What is being asked: Find the line holding "decrypt_known-known (some ks)" in the entries below. Give it again exactly, along with every line after it up to and including the line holding "step-IsCoherent (Op.use_once now".

★ ★ ★ ★

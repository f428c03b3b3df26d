-- ===== src/Vault/Coherence.antt =====
-- The list of known values that a process keeps, against the table of src/core/vault.ts, over runs of the
-- vault's operations.
use agent_working_memory.Base.{
  ℕ, ◌≡◌, refl, Bool, Option, none, some, List, [], ◌∷◌, Text, update_where, find?, sym, take, any,
  Bool-cases, inl, inr, Option-cases, arith, ◌∙◌,
}
use agent_working_memory.Vault.{
  Crypto, Row, Known, Vault, seal, open_item, open_all, open_row, decrypt_known, known_secrets,
  allow_prefix, disallow_prefix, record_use, forget, set_allow, has_id, has_fingerprint, row_of,
  normalise_id,
}
use agent_working_memory.Vault.Runs.{Op, kept, kept_first, step, run}

-- What opening and naming a row reads of it.
abbrev sealed_part : Row → Text × Text × Text × Text × Text
sealed_part r = (r.id, r.type, r.last4, r.ciphertext, r.iv)

module _ (crypto : Crypto) where
  -- Where the values are at hand, they are those that the table holds.
  abbrev pub IsCoherent : Vault → Type 0
  IsCoherent v = (ks : List Known) → v.known ≡ some ks → decrypt_known crypto v ≡ some ks

  module _ (p : Row → Bool) (f : Row → Row)
      (h : (r : Row) → sealed_part (f r) ≡ sealed_part r) where
    open_found : Option Row → Option Text
    open_found o = elim o [ none ↦ none | some r ↦ open_row crypto r ]

    open_found-update :
        (id : Text) (xs : List Row)
        → open_found (find? (has_id id) (update_where p f xs)) ≡ open_found (find? (has_id id) xs)
    unfolding open_found
    open_found-update id [] = refl
    open_found-update id (x ∷ xs) = ground (arith, h x, open_found-update id xs)

    open_item-update :
        (id : Text) (v : Vault)
        → open_item crypto id (record v { items = update_where p f v.items })
          ≡ open_item crypto id v
    unfolding open_item open_found
    open_item-update id v = open_found-update (normalise_id id) v.items

    open_all-update :
        (rs : List Row) (v : Vault)
        → open_all crypto (update_where p f rs) (record v { items = update_where p f v.items })
          ≡ open_all crypto rs v
    unfolding open_all
    open_all-update [] v = refl
    open_all-update (r ∷ rs) v = ground (arith, h r, open_item-update r.id v, open_all-update rs v)

    decrypt_known-update :
        (v : Vault)
        → decrypt_known crypto (record v { items = update_where p f v.items })
          ≡ decrypt_known crypto v
    unfolding decrypt_known
    decrypt_known-update v = rw (decrypt_known, open_all-update v.items v) refl

  open_all-known :
      (ks : Option (List Known)) (rs : List Row) (v : Vault)
      → open_all crypto rs (record v { known = ks }) ≡ open_all crypto rs v
  unfolding open_all
  open_all-known ks [] v = refl
  open_all-known ks (r ∷ rs) v = ground (arith, open_all-known ks rs v)

  decrypt_known-known :
      (ks : Option (List Known)) (v : Vault)
      → decrypt_known crypto (record v { known = ks }) ≡ decrypt_known crypto v
  unfolding decrypt_known
  decrypt_known-known ks v = rw (decrypt_known, open_all-known ks v.items v) refl

  set_allow-IsCoherent :
      (id : Text) (ps : List Text) (v : Vault) → IsCoherent v → IsCoherent (set_allow id ps v)
  set_allow-IsCoherent id ps v c ks e =
      decrypt_known-update (has_id id) (λ r. record r { allow = ps }) (λ r. refl) v ∙ c ks e

  allow_prefix-IsCoherent :
      (id p : Text) (v : Vault) → IsCoherent v → IsCoherent (kept v (allow_prefix id p v))
  unfolding allow_prefix
  allow_prefix-IsCoherent id p v c = elim (Option-cases (row_of id v)) [
    | inl e ↦ rw (allow_prefix, e) c
    | inr (r, e) ↦ rw (allow_prefix, e) (set_allow-IsCoherent r.id _ v c)
  ]

  disallow_prefix-IsCoherent :
      (id p : Text) (v : Vault) → IsCoherent v → IsCoherent (kept v (disallow_prefix id p v))
  unfolding disallow_prefix
  disallow_prefix-IsCoherent id p v c = elim (Option-cases (row_of id v)) [
    | inl e ↦ rw (disallow_prefix, e) c
    | inr (r, e) ↦ rw (disallow_prefix, e) (set_allow-IsCoherent r.id _ v c)
  ]

  record_use-IsCoherent :
      (now : ℕ) (id : Text) (v : Vault) → IsCoherent v → IsCoherent (record_use now id v)
  unfolding record_use
  record_use-IsCoherent now id v c ks e =
      decrypt_known-update (has_id (normalise_id id)) _ (λ r. refl) v ∙ c ks e

  -- What `knownSecrets` answers, and the list that it keeps.
  known_secrets_lem :
      (v : Vault)
      → IsCoherent v
      → ((known_secrets crypto v).1 ≡ decrypt_known crypto v)
        × IsCoherent (known_secrets crypto v).0
  unfolding known_secrets
  known_secrets_lem v c = by_known v.items v.known c
    where
      by_known :
          (xs : List Row) (k : Option (List Known))
          → IsCoherent (record { items = xs; known = k })
          → ((known_secrets crypto (record { items = xs; known = k })).1
              ≡ decrypt_known crypto (record { items = xs; known = k }))
            × IsCoherent (known_secrets crypto (record { items = xs; known = k })).0
      by_known xs (some ks) c = (sym (c ks refl), c)
      by_known xs none c =
          elim (Option-cases (decrypt_known crypto (record { items = xs; known = none }))) [
            | inl d ↦ rw (known_secrets, d) (refl, λ ks e. cc)
            | inr (ks, d) ↦
                rw (known_secrets, d)
                  (
                    refl,
                    λ l e.
                        decrypt_known-known (some ks) (record { items = xs; known = none }) ∙ d ∙ e,
                  )
          ]

  seal-IsCoherent :
      (value type label iv : Text) (now : ℕ) (v : Vault)
      → IsCoherent v
      → IsCoherent (kept_first v (seal crypto value type label iv now v))
  unfolding seal
  seal-IsCoherent value type label iv now v c =
      elim (Option-cases (find? (has_fingerprint (crypto.fingerprint value)) v.items)) [
        | inr (r, e) ↦ rw (seal, e) c
        | inl e ↦ elim (Bool-cases (any (has_id (take 12 (crypto.fingerprint value))) v.items)) [
          | inl a ↦ rw (seal, e, a) c
          | inr a ↦ rw (seal, e, a) (λ ks n. cc)
        ]
      ]

  step-IsCoherent : (o : Op) (v : Vault) → IsCoherent v → IsCoherent (step crypto o v)
  unfolding step forget
  step-IsCoherent (Op.seal_value value type label iv now) v c =
      seal-IsCoherent value type label iv now v c
  step-IsCoherent Op.ask_known v c = (known_secrets_lem v c).1
  step-IsCoherent (Op.allow_use id p) v c = allow_prefix-IsCoherent id p v c
  step-IsCoherent (Op.disallow_use id p) v c = disallow_prefix-IsCoherent id p v c
  step-IsCoherent (Op.use_once now id) v c = record_use-IsCoherent now id v c
  step-IsCoherent (Op.drop_item id) v c = λ ks n. cc

  run-IsCoherent : (os : List Op) (v : Vault) → IsCoherent v → IsCoherent (run crypto os v)
  unfolding run
  run-IsCoherent [] v c = c
  run-IsCoherent (o ∷ os) v c = run-IsCoherent os (step crypto o v) (step-IsCoherent o v c)

  -- The list of known values that a process keeps never goes stale: after any run of sealings, questions,
  -- permissions, withdrawals, uses and forgettings, on any table that no list was made of yet,
  -- the list that is handed out is the one that decrypting the whole table would give.
  pub known_secrets-run :
      (os : List Op) (xs : List Row)
      → (known_secrets crypto (run crypto os (record { items = xs; known = none }))).1
        ≡ decrypt_known crypto (run crypto os (record { items = xs; known = none }))
  known_secrets-run os xs =
      (known_secrets_lem (run crypto os (record { items = xs; known = none }))
        (run-IsCoherent os (record { items = xs; known = none }) (λ ks n. cc))).0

★ ★ ★ ★

Task solution:
                        decrypt_known-known (some ks) (record { items = xs; known = none }) ∙ d ∙ e,
                  )
          ]

  seal-IsCoherent :
      (value type label iv : Text) (now : ℕ) (v : Vault)
      → IsCoherent v
      → IsCoherent (kept_first v (seal crypto value type label iv now v))
  unfolding seal
  seal-IsCoherent value type label iv now v c =
      elim (Option-cases (find? (has_fingerprint (crypto.fingerprint value)) v.items)) [
        | inr (r, e) ↦ rw (seal, e) c
        | inl e ↦ elim (Bool-cases (any (has_id (take 12 (crypto.fingerprint value))) v.items)) [
          | inl a ↦ rw (seal, e, a) c
          | inr a ↦ rw (seal, e, a) (λ ks n. cc)
        ]
      ]

  step-IsCoherent : (o : Op) (v : Vault) → IsCoherent v → IsCoherent (step crypto o v)
  unfolding step forget
  step-IsCoherent (Op.seal_value value type label iv now) v c =
      seal-IsCoherent value type label iv now v c
  step-IsCoherent Op.ask_known v c = (known_secrets_lem v c).1
  step-IsCoherent (Op.allow_use id p) v c = allow_prefix-IsCoherent id p v c
  step-IsCoherent (Op.disallow_use id p) v c = disallow_prefix-IsCoherent id p v c
  step-IsCoherent (Op.use_once now id) v c = record_use-IsCoherent now id v c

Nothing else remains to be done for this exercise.